NumericVector res = y ;
return res ;
}

/*** R
test(1:10)
*/
``````

which gives:

``````\$ Rcpp11Script /tmp/exp.cpp

> test(1:10)
type(y) = Rcpp::sugar::Sapply<14, true, Rcpp::sugar::Sapply<14, true, Rcpp::Vector<14, Rcpp::PreserveStorage>, test(Rcpp::Vector<14, Rcpp::PreserveStorage>)::\$_0>, test(Rcpp::Vector<14, Rcpp::PreserveStorage>)::\$_1>
type(fun) = Rcpp::functional::Compose<test(Rcpp::Vector<14, Rcpp::PreserveStorage>)::\$_0, test(Rcpp::Vector<14, Rcpp::PreserveStorage>)::\$_1>
val = 18.000
   2   8  18  32  50  72  98 128 162 200
``````

It becomes even more interesting for how missing values should be treated. Let’s now consider that the expression is used on an integer vector.

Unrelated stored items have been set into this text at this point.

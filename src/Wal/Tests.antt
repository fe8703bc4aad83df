-- ===== src/Wal/Tests.antt =====
-- Runs of the definitions on a little-endian target, with the sum of the bytes as the check sum.
use dbprimkit.Base.{◌≡◌, ◌≢◌, refl, [], ◌∷◌, ◌++◌, some, drop, replicate, arith}
use dbprimkit.Error.{ok, panic}
use dbprimkit.Wal.Machine.{machine}
use dbprimkit.Wal.Fullness.{first, as_u8}
use dbprimkit.Wal.Log
use dbprimkit.Wal.LogFacts.{decode-encode, decode_never_panics}
use dbprimkit.Wal.ManiEntry
use dbprimkit.Wal.ManiFacts.{mani_decode-encode}
use dbprimkit.Wal.BlockHeader
use dbprimkit.Wal.BlockFacts.{header_decode_never_panics}
use dbprimkit.Wal.BlockFixed.{decode-fix_block_headers}
use dbprimkit.Wal.Config.{TunableConfig, sane_bulk_flush_size, from_opt, next_power}
use dbprimkit.Wal.ConfigFacts.{IsSane, from_opt-from_opt}

decode-encode_example :
    Log.decode machine (drop 1 (Log.encode machine (7 ∷ []) 5 (1 ∷ 2 ∷ 3 ∷ []) first) ++ (9 ∷ []))
    ≡ ok (
      record {
        payload = 1 ∷ 2 ∷ 3 ∷ [];
        crc = 15;
        len = 3;
        lsn = 5;
        ver = 0;
        fullness = first;
        flags = 0;
        resv = 0;
      },
      9 ∷ [],
    )
unfolding as_u8
decode-encode_example =
    decode-encode machine (7 ∷ []) 5 (1 ∷ 2 ∷ 3 ∷ []) (9 ∷ []) first (omega arith) (omega arith)

-- Twenty zero bytes with a length that reaches beyond them.
decode_never_panics_example : Log.decode machine (0 ∷ 0 ∷ 0 ∷ 0 ∷ 9 ∷ replicate 15 0) ≢ panic
decode_never_panics_example = decode_never_panics machine (0 ∷ 0 ∷ 0 ∷ 0 ∷ 9 ∷ replicate 15 0)

mani_decode-encode_example :
    ManiEntry.decode machine (ManiEntry.encode machine [] 258 ++ (9 ∷ []))
    ≡ ok (record { crc = 3; ver = 0; resv = 0 ∷ 0 ∷ 0 ∷ []; min_lsn = 258 }, 9 ∷ [])
mani_decode-encode_example = mani_decode-encode machine 258 (9 ∷ []) (omega arith)

-- A first block of 64 bytes, and a second one with two bytes of log entries.
decode-fix_block_headers_example :
    BlockHeader.decode machine (
      drop 64 (
        BlockHeader.fix_block_headers machine 63 6 2
          (BlockHeader.encode machine (replicate 64 1) 4 ++ (8 ∷ 9 ∷ []))))
    ≡ ok (
      record {
        crc = 12;
        ver = 0;
        resv = 0 ∷ 0 ∷ 0 ∷ [];
        min_lsn = 4;
        max_lsn = 6;
        whole_min_lsn = 2;
      },
      8 ∷ 9 ∷ [],
    )
decode-fix_block_headers_example =
    decode-fix_block_headers machine 6 (replicate 64 1) (8 ∷ 9 ∷ []) 4 6 2 (omega arith)
      (omega arith) (omega arith) (omega arith) (omega arith)

abbrev odd_config : TunableConfig
odd_config = record {
  ringbuf_size_order = 3;
  max_data_rot_size = 0;
  max_log_entry_size = 10;
  block_size = 5000;
  bulk_flush_size = 9000;
  checks_bef_flush_log = 0;
  checks_bef_flush_adv_lsn = 0;
}

from_opt-from_opt_example :
    IsSane (from_opt (some odd_config))
    × (from_opt (some (from_opt (some odd_config))) ≡ from_opt (some odd_config))
from_opt-from_opt_example = from_opt-from_opt (some odd_config)

-- 6000 bytes of buffer for blocks of 4096 become 4096, where two blocks hold them.
rounding_up_shrinks : sane_bulk_flush_size 4096 6000 ≡ 4096
unfolding sane_bulk_flush_size next_power
rounding_up_shrinks = refl

-- Thirty-two bytes whose check sum is right and whose version is not.
header_decode_never_panics_example :
    BlockHeader.decode machine (1 ∷ 0 ∷ 0 ∷ 0 ∷ 1 ∷ replicate 27 0) ≢ panic
header_decode_never_panics_example =
    header_decode_never_panics machine (1 ∷ 0 ∷ 0 ∷ 0 ∷ 1 ∷ replicate 27 0)
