-- ===== src/Wal/WriterTests.antt =====
-- Runs of the writer and the reader of src/wal/sync.rs on a little-endian target.
use dbprimkit.Base.{◌+◌, suc, ◌≡◌, refl, List, [], ◌∷◌, none, some, length, replicate, true, arith}
use dbprimkit.Error.{ok, err, corrupt_file, ◌>>=◌}
use dbprimkit.Storage.{Name}
use dbprimkit.Wal.Machine.{machine}
use dbprimkit.Wal.Config.{TunableConfig, from_opt, default}
use dbprimkit.Wal.Packing.{LogEntry, FlushingControlBlock, pack, flush_idle}
use dbprimkit.Wal.Files.{Files}
use dbprimkit.Wal.RotNames.{gen_rot_name, parse_rot_name}
use dbprimkit.Wal.RotNameFacts.{parse_rot_name-gen_rot_name}
use dbprimkit.Wal.DataDisk.{stream_of}
use dbprimkit.Wal.DataSink.{data_sink}
use dbprimkit.Wal.Restore.{mani_prefix, data_prefix, open_writer, begin_task, new_wal_fields}
use dbprimkit.Wal.FirstRun.{first_fcb}
use dbprimkit.Wal.Cuts.{open_file}
use dbprimkit.Wal.Drained.{collect}
use dbprimkit.Wal.RoundTrip.{reading}
use dbprimkit.Wal.Replay.{replay}
use dbprimkit.Wal.Reopen.{new_wal_fields-begin_task}

abbrev app_name : Name
app_name = b'a' ∷ b'p' ∷ b'p' ∷ []

-- The first one is split over three blocks of 64 bytes.
abbrev two_entries : List LogEntry
two_entries =
    record { lsn = 1; payload = replicate 30 7 } ∷ record { lsn = 2; payload = 5 ∷ [] } ∷ []

abbrev small_config : TunableConfig
small_config = record {
  ringbuf_size_order = 3;
  max_data_rot_size = 100;
  max_log_entry_size = 1000;
  block_size = 64;
  bulk_flush_size = 128;
  checks_bef_flush_log = 5;
  checks_bef_flush_adv_lsn = 0;
}

abbrev small_fcb : FlushingControlBlock Files
small_fcb = first_fcb machine app_name small_config 0

parse_rot_name-gen_rot_name_example :
    parse_rot_name app_name (gen_rot_name app_name 41 3) ≡ some (3, 42)
parse_rot_name-gen_rot_name_example =
    parse_rot_name-gen_rot_name app_name 41 3 (omega arith) (omega arith)

new_wal_fields-begin_task_example :
    (fcb : FlushingControlBlock Files) × ((open_writer machine app_name (from_opt none) []
        >>= begin_task machine app_name (from_opt none))
      ≡ ok fcb)
    × (new_wal_fields machine app_name (from_opt none) fcb.app.disk
        ≡ err (corrupt_file "The data file is too small"))
unfolding from_opt default
new_wal_fields-begin_task_example = new_wal_fields-begin_task machine app_name none (omega arith)

replay_example :
    (fcb fcb' : FlushingControlBlock Files) × ((open_writer machine app_name (from_opt none) []
        >>= begin_task machine app_name (from_opt none))
      ≡ ok fcb)
    × ((pack machine
            (data_sink (data_prefix app_name) (mani_prefix app_name) machine)
            two_entries
            fcb
          >>= flush_idle machine
              (data_sink (data_prefix app_name) (mani_prefix app_name) machine)
              true)
        ≡ ok fcb')
    × (let written = stream_of (data_prefix app_name) fcb'.app.disk in
        collect machine open_file
          (suc (suc (length written + 2)))
          3
          (reading 1 ((from_opt none).block_size) (0 ∷ 1 ∷ []) written)
        ≡ ok two_entries)
unfolding from_opt default
replay_example =
    replay machine app_name none (0 ∷ 1 ∷ []) two_entries (omega arith)
      ((omega arith, omega arith, omega arith), ((omega arith, omega arith, omega arith), tt))
      (refl, (refl, tt)) (omega arith)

``````auto square = []( int a ){ return a*a ; } ;
auto twice  = []( int a ){ return a*2 ; } ;
auto y = sapply( sapply(x, square), twice ) ;
``````

In an iteration based implementation of sugar (like e.g. the implementation in Rcpp), to be correct we would have no choice but to check for `NA` twice because the two functions operate somewhat independently from one another. So the iteration based implementation in Rcpp would lead to code equivalent to this:

``````for( int i=0; i<n; i++){
int x_i = x[i] ;
int tmp_i = (x_i == NA_INTEGER) ? NA_INTEGER : square(i) ;
y[i] = (tmp_i == NA_INTEGER ) ? NA_INTEGER : twice(i) ;
}
``````

With the new composition based approach, we only have to check for `NA` once, which leads to code much closer to what we would intuitively write manually:

``````for( int i=0; i<n; i++){
int x_i = x[i] ;
y[i] = x_i == NA_INTEGER ? NA_INTEGER : twice(square(x_i)) ;
}
``````

The composition based approach is still a work in progress, but I believe it will be yet another way to achieve performance improvements for the modernized version of sugar.

We can also generalize the composition approach to several input vectors, via mapply. Consider the expression : `x + exp(y) + abs(sin(z))`. The challenge is to identify actual vectors we want to iterate over: `x`, `y` and `z` and generate the appropriate function composition. Should be fun.